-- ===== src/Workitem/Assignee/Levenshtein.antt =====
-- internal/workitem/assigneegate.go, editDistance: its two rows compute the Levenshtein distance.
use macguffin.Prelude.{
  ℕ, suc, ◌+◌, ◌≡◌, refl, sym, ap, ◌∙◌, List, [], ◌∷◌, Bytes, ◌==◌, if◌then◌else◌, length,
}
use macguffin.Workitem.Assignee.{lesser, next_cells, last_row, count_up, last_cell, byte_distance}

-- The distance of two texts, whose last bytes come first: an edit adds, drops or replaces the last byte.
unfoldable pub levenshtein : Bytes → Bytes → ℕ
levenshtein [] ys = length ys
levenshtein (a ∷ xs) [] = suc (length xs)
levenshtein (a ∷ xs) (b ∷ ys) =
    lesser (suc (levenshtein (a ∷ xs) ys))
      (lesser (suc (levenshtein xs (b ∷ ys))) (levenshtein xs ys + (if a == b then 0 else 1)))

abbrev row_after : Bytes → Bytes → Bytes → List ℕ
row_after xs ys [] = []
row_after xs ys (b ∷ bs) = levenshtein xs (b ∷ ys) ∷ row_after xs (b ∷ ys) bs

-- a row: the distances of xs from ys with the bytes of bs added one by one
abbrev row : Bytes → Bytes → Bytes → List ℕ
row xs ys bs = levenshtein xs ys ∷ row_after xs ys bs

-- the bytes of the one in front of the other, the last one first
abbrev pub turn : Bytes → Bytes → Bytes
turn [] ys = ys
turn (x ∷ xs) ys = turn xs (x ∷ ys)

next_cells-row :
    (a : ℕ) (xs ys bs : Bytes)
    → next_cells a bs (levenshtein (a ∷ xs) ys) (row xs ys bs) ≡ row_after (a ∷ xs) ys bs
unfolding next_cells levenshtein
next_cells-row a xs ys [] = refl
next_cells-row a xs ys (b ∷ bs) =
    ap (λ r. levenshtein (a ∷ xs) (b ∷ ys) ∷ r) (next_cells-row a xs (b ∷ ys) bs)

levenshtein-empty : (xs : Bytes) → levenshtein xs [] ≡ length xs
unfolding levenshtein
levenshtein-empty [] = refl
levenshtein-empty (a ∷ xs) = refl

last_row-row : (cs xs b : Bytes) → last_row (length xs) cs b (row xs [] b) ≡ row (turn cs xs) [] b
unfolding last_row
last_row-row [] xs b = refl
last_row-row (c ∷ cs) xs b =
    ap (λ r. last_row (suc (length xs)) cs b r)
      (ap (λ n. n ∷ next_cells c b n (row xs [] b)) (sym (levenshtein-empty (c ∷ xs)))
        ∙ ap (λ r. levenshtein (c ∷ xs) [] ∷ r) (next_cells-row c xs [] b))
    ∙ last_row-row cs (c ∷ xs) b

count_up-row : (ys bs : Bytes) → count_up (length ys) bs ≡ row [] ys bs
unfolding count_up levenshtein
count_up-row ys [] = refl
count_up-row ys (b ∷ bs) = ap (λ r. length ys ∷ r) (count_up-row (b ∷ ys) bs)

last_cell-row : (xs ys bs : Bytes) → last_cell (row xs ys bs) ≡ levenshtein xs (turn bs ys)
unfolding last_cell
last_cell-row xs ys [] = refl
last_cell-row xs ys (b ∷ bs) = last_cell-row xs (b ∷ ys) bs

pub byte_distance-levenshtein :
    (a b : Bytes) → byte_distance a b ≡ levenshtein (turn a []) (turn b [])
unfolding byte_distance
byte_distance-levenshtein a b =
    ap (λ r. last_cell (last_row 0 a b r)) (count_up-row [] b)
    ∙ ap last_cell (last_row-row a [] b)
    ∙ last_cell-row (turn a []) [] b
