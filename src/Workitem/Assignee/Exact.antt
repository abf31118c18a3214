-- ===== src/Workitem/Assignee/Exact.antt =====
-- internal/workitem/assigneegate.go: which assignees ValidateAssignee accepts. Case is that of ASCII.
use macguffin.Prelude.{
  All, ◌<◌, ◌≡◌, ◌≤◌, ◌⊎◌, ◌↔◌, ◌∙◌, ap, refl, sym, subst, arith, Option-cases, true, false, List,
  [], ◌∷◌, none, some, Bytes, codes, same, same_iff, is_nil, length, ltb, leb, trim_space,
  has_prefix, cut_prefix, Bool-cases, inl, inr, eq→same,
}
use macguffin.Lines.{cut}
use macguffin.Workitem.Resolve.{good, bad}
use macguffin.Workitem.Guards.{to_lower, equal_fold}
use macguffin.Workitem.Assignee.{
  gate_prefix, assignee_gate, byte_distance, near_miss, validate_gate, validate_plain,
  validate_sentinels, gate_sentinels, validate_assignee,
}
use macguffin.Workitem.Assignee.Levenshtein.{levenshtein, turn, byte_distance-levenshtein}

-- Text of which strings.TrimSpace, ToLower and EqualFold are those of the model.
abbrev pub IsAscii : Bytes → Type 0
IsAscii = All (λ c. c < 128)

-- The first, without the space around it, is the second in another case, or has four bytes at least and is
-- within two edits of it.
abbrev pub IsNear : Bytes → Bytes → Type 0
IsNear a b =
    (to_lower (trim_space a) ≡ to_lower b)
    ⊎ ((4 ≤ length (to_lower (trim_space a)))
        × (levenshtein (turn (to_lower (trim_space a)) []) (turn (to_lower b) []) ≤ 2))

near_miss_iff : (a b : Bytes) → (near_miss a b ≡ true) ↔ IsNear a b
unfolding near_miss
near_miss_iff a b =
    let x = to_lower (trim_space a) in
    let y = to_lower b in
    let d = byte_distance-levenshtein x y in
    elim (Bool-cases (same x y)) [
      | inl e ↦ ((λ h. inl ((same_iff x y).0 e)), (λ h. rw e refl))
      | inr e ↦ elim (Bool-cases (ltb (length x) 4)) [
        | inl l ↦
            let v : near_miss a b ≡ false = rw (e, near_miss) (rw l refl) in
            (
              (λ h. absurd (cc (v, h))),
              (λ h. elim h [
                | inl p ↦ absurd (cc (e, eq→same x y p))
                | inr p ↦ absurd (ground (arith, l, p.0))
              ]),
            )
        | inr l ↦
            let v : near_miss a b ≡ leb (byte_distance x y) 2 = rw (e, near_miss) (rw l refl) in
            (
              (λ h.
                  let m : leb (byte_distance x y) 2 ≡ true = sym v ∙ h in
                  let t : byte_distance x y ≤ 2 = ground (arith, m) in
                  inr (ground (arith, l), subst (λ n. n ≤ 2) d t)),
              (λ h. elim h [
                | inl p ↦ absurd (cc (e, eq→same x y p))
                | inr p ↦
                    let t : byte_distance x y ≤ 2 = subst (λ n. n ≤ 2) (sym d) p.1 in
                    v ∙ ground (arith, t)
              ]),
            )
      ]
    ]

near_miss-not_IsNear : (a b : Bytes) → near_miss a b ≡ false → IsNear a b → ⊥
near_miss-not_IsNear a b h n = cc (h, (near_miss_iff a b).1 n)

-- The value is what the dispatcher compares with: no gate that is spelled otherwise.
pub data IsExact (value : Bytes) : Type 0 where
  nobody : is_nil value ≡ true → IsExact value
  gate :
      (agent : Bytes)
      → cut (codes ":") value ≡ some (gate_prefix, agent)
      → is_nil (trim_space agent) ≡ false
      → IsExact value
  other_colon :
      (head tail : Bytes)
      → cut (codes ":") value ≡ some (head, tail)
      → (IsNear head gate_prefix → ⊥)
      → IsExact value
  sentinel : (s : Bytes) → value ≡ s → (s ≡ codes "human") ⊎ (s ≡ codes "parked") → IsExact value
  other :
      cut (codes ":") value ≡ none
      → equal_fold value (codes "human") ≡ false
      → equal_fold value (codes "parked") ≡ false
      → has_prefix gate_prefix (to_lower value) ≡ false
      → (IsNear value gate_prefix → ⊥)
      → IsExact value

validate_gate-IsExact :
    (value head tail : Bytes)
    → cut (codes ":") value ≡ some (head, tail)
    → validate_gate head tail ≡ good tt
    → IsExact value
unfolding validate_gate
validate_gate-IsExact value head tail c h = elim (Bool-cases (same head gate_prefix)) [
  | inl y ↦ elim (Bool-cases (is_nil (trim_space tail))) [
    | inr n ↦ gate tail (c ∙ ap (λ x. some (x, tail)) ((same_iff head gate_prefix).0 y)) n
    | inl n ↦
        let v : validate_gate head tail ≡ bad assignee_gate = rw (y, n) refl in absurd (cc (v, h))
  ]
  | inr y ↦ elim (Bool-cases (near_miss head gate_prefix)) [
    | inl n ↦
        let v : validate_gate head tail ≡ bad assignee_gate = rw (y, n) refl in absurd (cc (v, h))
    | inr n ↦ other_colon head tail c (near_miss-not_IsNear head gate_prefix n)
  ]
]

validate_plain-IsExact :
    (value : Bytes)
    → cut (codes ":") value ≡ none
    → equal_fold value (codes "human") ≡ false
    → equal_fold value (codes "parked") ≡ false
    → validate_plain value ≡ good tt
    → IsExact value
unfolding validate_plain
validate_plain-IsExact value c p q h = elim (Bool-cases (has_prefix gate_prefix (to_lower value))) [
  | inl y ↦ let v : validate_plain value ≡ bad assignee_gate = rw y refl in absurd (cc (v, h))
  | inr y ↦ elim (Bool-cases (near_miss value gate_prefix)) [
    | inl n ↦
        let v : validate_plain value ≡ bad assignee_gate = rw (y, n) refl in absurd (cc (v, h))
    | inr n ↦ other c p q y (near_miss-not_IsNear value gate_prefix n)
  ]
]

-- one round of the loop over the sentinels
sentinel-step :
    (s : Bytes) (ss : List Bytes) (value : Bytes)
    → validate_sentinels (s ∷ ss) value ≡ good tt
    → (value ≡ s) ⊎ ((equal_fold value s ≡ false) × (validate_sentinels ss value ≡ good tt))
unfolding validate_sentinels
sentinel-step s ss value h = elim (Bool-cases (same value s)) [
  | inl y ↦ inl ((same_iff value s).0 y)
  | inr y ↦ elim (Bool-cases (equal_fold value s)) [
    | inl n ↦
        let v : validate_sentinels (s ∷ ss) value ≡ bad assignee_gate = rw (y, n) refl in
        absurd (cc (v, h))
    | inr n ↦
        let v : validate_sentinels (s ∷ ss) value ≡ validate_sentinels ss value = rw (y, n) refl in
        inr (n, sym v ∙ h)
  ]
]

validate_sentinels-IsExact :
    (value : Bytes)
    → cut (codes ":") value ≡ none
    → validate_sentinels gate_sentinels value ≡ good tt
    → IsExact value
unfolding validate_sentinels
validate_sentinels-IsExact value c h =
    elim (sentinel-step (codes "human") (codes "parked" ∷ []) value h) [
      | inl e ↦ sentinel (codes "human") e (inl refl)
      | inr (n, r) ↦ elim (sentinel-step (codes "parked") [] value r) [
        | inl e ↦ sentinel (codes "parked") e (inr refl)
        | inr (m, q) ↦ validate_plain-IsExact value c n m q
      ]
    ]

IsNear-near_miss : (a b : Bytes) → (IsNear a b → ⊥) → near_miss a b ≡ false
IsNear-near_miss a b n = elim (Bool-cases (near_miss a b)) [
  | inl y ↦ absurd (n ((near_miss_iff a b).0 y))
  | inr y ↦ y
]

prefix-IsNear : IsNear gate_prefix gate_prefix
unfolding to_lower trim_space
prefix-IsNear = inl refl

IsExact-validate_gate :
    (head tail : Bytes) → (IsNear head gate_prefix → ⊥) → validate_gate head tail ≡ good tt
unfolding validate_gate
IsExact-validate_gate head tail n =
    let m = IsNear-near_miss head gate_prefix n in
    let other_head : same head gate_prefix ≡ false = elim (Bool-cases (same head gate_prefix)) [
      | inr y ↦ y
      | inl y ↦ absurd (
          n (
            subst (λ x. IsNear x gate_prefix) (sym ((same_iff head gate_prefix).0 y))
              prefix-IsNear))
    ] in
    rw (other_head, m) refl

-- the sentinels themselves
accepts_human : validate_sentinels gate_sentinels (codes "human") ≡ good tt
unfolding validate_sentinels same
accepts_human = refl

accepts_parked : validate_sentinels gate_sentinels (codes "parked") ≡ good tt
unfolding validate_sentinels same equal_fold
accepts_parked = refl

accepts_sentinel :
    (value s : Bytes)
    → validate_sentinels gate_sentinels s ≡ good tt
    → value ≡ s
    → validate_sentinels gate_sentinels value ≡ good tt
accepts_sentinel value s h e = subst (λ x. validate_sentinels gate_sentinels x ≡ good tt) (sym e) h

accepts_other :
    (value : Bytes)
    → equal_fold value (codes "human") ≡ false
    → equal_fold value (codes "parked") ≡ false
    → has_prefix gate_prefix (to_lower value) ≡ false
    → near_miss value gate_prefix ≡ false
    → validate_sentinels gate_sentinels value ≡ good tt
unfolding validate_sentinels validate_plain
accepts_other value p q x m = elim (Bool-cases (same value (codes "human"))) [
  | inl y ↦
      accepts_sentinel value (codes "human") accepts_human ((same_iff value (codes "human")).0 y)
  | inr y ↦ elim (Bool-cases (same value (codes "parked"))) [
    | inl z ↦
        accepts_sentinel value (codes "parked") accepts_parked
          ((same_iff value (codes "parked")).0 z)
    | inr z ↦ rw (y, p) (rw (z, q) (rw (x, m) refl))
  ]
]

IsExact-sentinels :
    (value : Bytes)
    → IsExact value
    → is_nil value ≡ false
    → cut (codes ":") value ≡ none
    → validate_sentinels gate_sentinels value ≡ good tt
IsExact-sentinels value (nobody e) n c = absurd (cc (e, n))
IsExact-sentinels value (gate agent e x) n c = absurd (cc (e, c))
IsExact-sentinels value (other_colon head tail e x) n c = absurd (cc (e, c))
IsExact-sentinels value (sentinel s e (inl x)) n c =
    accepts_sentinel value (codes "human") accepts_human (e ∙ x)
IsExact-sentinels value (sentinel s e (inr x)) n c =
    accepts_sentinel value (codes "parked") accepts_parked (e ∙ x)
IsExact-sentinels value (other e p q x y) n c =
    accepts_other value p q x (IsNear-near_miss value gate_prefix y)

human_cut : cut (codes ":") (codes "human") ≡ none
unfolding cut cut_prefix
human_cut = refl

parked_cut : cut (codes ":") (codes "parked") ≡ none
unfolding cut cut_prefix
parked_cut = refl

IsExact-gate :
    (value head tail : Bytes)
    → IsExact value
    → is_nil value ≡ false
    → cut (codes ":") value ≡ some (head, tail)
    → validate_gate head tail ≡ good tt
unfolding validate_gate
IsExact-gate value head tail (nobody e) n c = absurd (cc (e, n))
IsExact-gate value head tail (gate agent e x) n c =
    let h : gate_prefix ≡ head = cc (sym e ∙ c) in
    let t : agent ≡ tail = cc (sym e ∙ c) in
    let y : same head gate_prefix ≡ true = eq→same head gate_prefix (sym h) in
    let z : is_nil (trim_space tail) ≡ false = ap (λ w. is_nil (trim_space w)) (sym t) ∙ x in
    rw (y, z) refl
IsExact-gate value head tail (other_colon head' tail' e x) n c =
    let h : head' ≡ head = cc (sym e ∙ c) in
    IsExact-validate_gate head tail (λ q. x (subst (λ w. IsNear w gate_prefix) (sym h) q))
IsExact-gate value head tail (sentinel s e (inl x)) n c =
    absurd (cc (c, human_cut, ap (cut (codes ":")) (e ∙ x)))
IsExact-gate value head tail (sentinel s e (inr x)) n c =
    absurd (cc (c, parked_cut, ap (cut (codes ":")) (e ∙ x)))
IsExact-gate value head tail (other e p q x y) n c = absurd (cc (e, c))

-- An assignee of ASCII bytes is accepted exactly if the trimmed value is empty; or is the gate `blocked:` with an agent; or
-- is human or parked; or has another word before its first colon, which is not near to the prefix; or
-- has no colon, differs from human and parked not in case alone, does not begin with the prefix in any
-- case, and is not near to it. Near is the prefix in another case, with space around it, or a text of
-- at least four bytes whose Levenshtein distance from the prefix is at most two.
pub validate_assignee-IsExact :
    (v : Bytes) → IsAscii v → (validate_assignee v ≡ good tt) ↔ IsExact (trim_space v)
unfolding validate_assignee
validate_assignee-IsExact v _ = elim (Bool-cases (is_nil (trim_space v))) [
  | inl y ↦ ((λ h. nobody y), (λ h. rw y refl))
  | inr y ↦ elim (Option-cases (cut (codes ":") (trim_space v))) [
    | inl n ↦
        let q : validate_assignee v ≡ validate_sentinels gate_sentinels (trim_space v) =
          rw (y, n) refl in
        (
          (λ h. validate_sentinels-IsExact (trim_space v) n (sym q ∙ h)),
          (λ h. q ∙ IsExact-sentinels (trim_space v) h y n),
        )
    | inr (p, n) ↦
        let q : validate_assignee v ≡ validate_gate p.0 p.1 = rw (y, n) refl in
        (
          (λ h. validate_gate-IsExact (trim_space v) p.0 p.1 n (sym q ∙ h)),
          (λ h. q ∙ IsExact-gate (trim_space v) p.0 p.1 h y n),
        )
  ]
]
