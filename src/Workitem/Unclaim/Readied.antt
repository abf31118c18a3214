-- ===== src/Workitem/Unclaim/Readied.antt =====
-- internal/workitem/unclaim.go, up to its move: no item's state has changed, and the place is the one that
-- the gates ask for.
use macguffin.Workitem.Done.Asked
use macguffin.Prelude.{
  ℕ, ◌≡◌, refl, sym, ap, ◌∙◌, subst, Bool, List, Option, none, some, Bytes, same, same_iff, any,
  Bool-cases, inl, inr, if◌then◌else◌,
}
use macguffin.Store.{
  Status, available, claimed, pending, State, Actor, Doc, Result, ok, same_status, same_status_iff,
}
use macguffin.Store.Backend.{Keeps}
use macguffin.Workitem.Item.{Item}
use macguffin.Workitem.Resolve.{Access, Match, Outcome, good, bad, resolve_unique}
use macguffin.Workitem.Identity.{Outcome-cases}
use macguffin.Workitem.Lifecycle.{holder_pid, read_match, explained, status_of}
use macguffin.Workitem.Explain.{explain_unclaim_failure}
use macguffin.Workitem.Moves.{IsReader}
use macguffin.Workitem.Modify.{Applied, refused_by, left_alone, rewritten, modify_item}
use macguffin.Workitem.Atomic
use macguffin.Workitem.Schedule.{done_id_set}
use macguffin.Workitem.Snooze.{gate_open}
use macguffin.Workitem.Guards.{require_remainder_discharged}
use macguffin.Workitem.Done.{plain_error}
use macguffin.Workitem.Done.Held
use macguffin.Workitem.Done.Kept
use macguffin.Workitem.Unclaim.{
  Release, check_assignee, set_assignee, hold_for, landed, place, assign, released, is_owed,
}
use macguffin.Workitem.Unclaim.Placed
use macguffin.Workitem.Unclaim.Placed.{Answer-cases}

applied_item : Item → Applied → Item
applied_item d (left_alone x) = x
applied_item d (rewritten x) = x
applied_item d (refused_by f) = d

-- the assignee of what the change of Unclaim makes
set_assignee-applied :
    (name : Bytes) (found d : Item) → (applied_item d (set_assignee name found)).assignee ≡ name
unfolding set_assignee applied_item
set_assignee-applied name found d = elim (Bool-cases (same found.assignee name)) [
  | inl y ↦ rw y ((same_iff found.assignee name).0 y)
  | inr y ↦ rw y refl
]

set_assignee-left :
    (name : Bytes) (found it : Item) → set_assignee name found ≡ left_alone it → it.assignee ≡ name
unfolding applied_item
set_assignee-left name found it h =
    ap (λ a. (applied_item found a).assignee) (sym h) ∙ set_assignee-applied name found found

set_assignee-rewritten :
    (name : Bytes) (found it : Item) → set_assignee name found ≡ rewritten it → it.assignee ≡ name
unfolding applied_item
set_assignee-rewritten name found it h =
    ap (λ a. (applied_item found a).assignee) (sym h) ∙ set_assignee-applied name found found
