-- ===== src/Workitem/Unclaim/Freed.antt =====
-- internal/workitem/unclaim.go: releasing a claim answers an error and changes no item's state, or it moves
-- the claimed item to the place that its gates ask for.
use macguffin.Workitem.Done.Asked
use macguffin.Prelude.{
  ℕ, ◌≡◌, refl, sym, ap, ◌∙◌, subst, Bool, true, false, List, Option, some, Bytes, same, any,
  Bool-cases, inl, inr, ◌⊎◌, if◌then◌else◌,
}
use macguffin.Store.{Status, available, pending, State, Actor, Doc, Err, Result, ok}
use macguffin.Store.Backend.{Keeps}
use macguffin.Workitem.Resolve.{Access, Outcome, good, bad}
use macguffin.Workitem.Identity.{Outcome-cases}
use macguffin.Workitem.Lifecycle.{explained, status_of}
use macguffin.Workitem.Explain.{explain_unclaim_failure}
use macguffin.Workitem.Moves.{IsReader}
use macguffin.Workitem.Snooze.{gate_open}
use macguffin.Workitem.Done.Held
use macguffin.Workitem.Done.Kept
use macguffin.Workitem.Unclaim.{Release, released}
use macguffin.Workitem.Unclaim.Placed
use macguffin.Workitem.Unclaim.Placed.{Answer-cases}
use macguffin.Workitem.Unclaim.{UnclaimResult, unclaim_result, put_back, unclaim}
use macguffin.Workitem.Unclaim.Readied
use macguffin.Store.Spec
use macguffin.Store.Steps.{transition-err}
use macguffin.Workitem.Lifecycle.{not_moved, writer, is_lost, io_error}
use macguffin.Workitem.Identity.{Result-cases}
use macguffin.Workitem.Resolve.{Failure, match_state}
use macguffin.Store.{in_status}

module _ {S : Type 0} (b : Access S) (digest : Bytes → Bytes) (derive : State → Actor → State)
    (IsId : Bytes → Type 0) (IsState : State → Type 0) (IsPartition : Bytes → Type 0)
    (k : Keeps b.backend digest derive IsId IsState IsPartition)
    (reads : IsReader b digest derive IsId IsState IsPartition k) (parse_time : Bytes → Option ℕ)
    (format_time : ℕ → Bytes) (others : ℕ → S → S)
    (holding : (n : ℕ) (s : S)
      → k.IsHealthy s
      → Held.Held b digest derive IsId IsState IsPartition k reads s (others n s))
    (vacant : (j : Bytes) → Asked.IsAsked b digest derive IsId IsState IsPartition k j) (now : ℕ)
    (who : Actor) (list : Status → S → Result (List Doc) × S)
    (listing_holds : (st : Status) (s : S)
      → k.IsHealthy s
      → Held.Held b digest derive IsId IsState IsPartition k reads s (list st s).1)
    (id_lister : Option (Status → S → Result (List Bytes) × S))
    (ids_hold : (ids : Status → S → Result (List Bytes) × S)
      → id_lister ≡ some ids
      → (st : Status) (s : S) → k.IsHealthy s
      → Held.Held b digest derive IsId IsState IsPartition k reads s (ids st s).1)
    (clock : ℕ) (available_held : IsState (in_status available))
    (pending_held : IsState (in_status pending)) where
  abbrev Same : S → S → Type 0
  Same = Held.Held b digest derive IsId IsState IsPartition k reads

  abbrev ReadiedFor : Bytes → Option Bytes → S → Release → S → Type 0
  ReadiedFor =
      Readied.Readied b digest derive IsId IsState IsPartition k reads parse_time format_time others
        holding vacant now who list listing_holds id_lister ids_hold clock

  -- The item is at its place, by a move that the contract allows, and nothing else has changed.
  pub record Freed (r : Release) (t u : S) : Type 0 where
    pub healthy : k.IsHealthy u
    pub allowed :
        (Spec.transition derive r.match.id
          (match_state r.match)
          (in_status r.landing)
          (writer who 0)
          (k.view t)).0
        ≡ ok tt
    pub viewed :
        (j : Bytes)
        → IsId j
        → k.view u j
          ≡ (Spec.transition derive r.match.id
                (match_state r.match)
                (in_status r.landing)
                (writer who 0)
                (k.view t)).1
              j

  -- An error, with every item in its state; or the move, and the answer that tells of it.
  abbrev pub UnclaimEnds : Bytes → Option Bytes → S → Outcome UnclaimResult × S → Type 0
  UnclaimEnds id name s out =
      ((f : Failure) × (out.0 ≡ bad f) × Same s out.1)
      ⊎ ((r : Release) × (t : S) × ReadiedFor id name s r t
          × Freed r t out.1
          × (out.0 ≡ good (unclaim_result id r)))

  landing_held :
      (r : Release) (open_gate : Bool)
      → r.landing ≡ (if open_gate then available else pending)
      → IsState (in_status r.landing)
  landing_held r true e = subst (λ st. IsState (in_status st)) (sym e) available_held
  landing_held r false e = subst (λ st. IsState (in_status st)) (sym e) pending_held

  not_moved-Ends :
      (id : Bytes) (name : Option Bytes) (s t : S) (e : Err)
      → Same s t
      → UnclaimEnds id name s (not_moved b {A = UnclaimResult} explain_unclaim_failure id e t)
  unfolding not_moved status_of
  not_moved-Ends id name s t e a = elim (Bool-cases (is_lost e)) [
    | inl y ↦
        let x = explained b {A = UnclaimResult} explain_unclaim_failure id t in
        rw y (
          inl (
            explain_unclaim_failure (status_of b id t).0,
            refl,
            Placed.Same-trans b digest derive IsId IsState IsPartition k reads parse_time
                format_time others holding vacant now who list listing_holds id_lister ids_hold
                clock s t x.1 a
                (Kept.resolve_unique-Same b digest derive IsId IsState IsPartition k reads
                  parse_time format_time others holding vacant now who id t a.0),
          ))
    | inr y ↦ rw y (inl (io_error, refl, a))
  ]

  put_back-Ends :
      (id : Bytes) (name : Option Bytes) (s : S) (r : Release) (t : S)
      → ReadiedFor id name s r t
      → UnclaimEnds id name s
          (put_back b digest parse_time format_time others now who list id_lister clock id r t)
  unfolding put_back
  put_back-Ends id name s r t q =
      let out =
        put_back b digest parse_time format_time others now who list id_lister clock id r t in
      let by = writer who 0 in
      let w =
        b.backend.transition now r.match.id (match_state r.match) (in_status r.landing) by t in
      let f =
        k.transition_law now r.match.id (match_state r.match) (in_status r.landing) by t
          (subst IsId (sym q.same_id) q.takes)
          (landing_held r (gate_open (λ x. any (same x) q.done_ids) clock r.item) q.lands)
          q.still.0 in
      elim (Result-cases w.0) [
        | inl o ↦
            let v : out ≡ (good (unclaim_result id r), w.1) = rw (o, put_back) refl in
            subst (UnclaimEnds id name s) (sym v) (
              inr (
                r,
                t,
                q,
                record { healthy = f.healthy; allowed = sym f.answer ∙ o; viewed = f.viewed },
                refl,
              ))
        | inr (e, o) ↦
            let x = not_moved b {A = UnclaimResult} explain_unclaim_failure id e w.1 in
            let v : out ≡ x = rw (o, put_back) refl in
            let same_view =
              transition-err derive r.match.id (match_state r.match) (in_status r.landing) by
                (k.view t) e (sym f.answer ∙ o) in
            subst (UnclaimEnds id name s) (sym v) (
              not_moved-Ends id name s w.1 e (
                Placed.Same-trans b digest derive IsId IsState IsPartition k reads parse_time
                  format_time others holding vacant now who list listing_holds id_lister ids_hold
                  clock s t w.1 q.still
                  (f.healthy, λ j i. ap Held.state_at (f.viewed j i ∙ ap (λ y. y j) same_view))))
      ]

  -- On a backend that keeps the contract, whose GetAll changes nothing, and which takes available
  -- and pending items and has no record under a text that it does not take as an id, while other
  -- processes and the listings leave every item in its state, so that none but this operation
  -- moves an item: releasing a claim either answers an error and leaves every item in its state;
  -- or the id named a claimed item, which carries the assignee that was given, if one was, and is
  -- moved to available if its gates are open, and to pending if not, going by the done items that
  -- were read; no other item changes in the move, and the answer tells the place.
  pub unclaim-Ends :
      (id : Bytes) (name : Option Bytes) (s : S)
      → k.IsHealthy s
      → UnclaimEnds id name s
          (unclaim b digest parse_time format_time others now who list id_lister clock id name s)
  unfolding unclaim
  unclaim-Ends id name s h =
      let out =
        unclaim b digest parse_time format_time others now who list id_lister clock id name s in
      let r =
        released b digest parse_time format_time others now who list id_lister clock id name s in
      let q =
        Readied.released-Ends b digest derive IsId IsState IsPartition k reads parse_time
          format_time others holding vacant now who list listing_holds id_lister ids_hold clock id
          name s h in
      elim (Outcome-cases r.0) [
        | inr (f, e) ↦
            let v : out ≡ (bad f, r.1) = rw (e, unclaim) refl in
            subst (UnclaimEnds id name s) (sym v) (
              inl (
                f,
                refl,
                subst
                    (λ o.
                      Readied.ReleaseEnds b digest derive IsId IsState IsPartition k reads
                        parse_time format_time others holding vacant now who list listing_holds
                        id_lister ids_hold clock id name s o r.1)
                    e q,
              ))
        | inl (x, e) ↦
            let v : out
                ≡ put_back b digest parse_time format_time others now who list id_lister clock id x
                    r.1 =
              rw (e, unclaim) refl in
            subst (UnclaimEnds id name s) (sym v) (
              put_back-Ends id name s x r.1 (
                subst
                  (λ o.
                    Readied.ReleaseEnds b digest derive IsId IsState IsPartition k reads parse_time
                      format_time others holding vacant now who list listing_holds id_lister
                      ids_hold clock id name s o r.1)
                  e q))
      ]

# Description of the task
Using the entries shown above, reproduce verbatim the lines from the line bearing "lesser (suc (levenshtein (a ∷ xs) ys))" to the line bearing "levenshtein-empty (a ∷ xs) = refl", inclusive.

# Written solution
    lesser (suc (levenshtein (a ∷ xs) ys))
      (lesser (suc (levenshtein xs (b ∷ ys))) (levenshtein xs ys + (if a == b then 0 else 1)))

abbrev row_after : Bytes → Bytes → Bytes → List ℕ
row_after xs ys [] = []
row_after xs ys (b ∷ bs) = levenshtein xs (b ∷ ys) ∷ row_after xs (b ∷ ys) bs

-- a row: the distances of xs from ys with the bytes of bs added one by one
abbrev row : Bytes → Bytes → Bytes → List ℕ
row xs ys bs = levenshtein xs ys ∷ row_after xs ys bs

-- the bytes of the one in front of the other, the last one first
abbrev pub turn : Bytes → Bytes → Bytes
turn [] ys = ys
turn (x ∷ xs) ys = turn xs (x ∷ ys)

next_cells-row :
    (a : ℕ) (xs ys bs : Bytes)
    → next_cells a bs (levenshtein (a ∷ xs) ys) (row xs ys bs) ≡ row_after (a ∷ xs) ys bs
unfolding next_cells levenshtein
next_cells-row a xs ys [] = refl
next_cells-row a xs ys (b ∷ bs) =
    ap (λ r. levenshtein (a ∷ xs) (b ∷ ys) ∷ r) (next_cells-row a xs (b ∷ ys) bs)

levenshtein-empty : (xs : Bytes) → levenshtein xs [] ≡ length xs
unfolding levenshtein
levenshtein-empty [] = refl
levenshtein-empty (a ∷ xs) = refl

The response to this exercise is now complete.